Mobile TV takes three steps forward in Asia, North America, one step back in Europe

On the deployments and redeployments front, Swisscom is replacing its Swiss Air TV DVB-H service, naming insufficient DVB-H-compatible devices to make the old service a success. With Switzerland’s sales of more than 600,000 iPhones, this change in strategy was probably inevitable. The mobile TV that replaces it will use HSPA/UMTS/Edge instead.

China Mobile is launching a commercial CMMB mobile TV service using both satellite and terrestrial, like DVB-SH in Europe, with four national and two local channels targeting 500 million users in 300 Chinese cities across 27 provinces, and embracing 67 currently available mobile handset models.

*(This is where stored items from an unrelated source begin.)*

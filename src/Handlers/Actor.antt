-- ===== src/Handlers/Actor.antt =====
-- main.go, `handleAction`: which requests execute an action, and in whose name.
use home_stack.Prelude.{
  ◌≡◌, ◌≢◌, ◌⊎◌, refl, List, Option, some, String, ◌==◌, eq_iff, Bool-cases, Option-cases,
  Outcome-cases, inl, inr,
}
use home_stack.Validity.Tokens.{==-eq-false}
use home_stack.Http.{Request, Server, proxy_identity}
use home_stack.Http.Guards.{IsIdentified, HasPassword, IsAuthenticated, proxy_identity_iff}
use home_stack.Actions.{ActionRequest, RunError, validate_action_request}
use home_stack.Actions.Requests.{IsPermitted, validate_action_request_iff}
use home_stack.Artifacts.{Storage}
use home_stack.Deploy.{Host, DeployDiff}
use home_stack.Events.{Journal}
use home_stack.Execute.{State, active_registry, execute_action}
use home_stack.Handlers.{actor_of, handle_request, handle_action}

module _ {W : Type 0} (run : List String → W → (String × Option RunError) × W) (bundle_dir : String)
    (h : Host) (disk : Storage) (j : Journal) (to_json : DeployDiff → String)
    (basic_auth : Request → Option (String × String))
    (decode : Request → Option ActionRequest) where
  -- The user that the ingress named, or the administrator with the password.
  abbrev pub IsActor : Server → Request → String → Type 0
  IsActor s r actor =
      (IsIdentified s r × (actor ≡ proxy_identity s r) × (actor ≢ ""))
      ⊎ (HasPassword basic_auth s r × (actor ≡ s.admin_username))

  actor_of-IsActor :
      (s : Server) (r : Request)
      → IsAuthenticated basic_auth s r
      → IsActor s r (actor_of run bundle_dir h disk j to_json basic_auth decode s r)
  unfolding actor_of
  actor_of-IsActor s r known =
      let named = proxy_identity_iff s r in
      elim (Bool-cases (proxy_identity s r == "")) [
        | inr e ↦
            let full = (==-eq-false (proxy_identity s r) "").0 e in
            inl (named.0 full, rw e refl, rw e full)
        | inl e ↦ elim known [
          | inl id ↦ absurd (named.1 id ((eq_iff (proxy_identity s r) "").0 e))
          | inr (set, given) ↦ inr ((set, given), rw (e, given) refl)
        ]
      ]

  -- A request that is logged in, and whose body is an action request that is permitted by the registry
  -- of that moment, has the effect of executing that action in the name of the user that the ingress
  -- named, or else of the administrator; any other request that is logged in changes nothing.
  pub attributed_action :
      (s : Server) (now : String) (r : Request) (st : State W)
      → IsAuthenticated basic_auth s r
      → (((req : ActionRequest)
            → decode r ≡ some req
            → ¬ IsPermitted (active_registry run bundle_dir h disk j to_json st) req)
          × ((handle_action run bundle_dir h disk j to_json basic_auth decode s now r st).1 ≡ st))
        ⊎ ((req : ActionRequest) × (actor : String) × (decode r ≡ some req)
            × IsPermitted (active_registry run bundle_dir h disk j to_json st) req
            × IsActor s r actor
            × ((handle_action run bundle_dir h disk j to_json basic_auth decode s now r st).1
                ≡ (execute_action run bundle_dir h disk j to_json actor now req st).1))
  unfolding handle_action handle_request
  attributed_action s now r st known = elim (Option-cases (decode r)) [
    | inl garbled ↦ inl ((λ req e. absurd (cc (garbled, e))), rw (garbled, handle_action) refl)
    | inr (req, decoded) ↦
        let reg = active_registry run bundle_dir h disk j to_json st in
        elim (Outcome-cases (validate_action_request reg req)) [
          | inr (e, refused) ↦ inl (
            (λ other same permitted.
                let here : req ≡ other = cc (decoded, same) in
                let passed = (validate_action_request_iff reg other).1 permitted in
                absurd (cc (passed, refused, here))),
            rw (decoded, handle_action, refused, handle_request) refl,
          )
          | inl (_, passed) ↦ inr (
            req,
            actor_of run bundle_dir h disk j to_json basic_auth decode s r,
            decoded,
            (validate_action_request_iff reg req).0 passed,
            actor_of-IsActor s r known,
            rw (decoded, handle_action, passed, handle_request) refl,
          )
        ]
  ]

Hong Kong’s Office of the Telecommunications Authority (OFTA) recently invited bids for radio spectrum for a May 2010 auction to provide mobile TV services in Hong Kong. "At present, 2.5G and 3G mobile operators are deploying streaming-type, point-to-point technologies to deliver audio-visual content to consumers. The assignment of the 678MHz-686MHz band will enable the deployment of broadcast-type, point-to-multipoint technologies to deliver audio-visual content to a much larger number of consumers," said an OFTA spokesperson.

Boston’s public broadcaster WGBH is using Grass Valley's Thomson platform to simulcast two mobile DTV channels in the area’s first ATSC mobile video service with. The Thomson ATSC mobile DTV terrestrial broadcast technology is backward-compatible with legacy ATSC transmission systems, enabling stations to use their existing DTV channel and the mandated ATSC 8-VSB modulation scheme.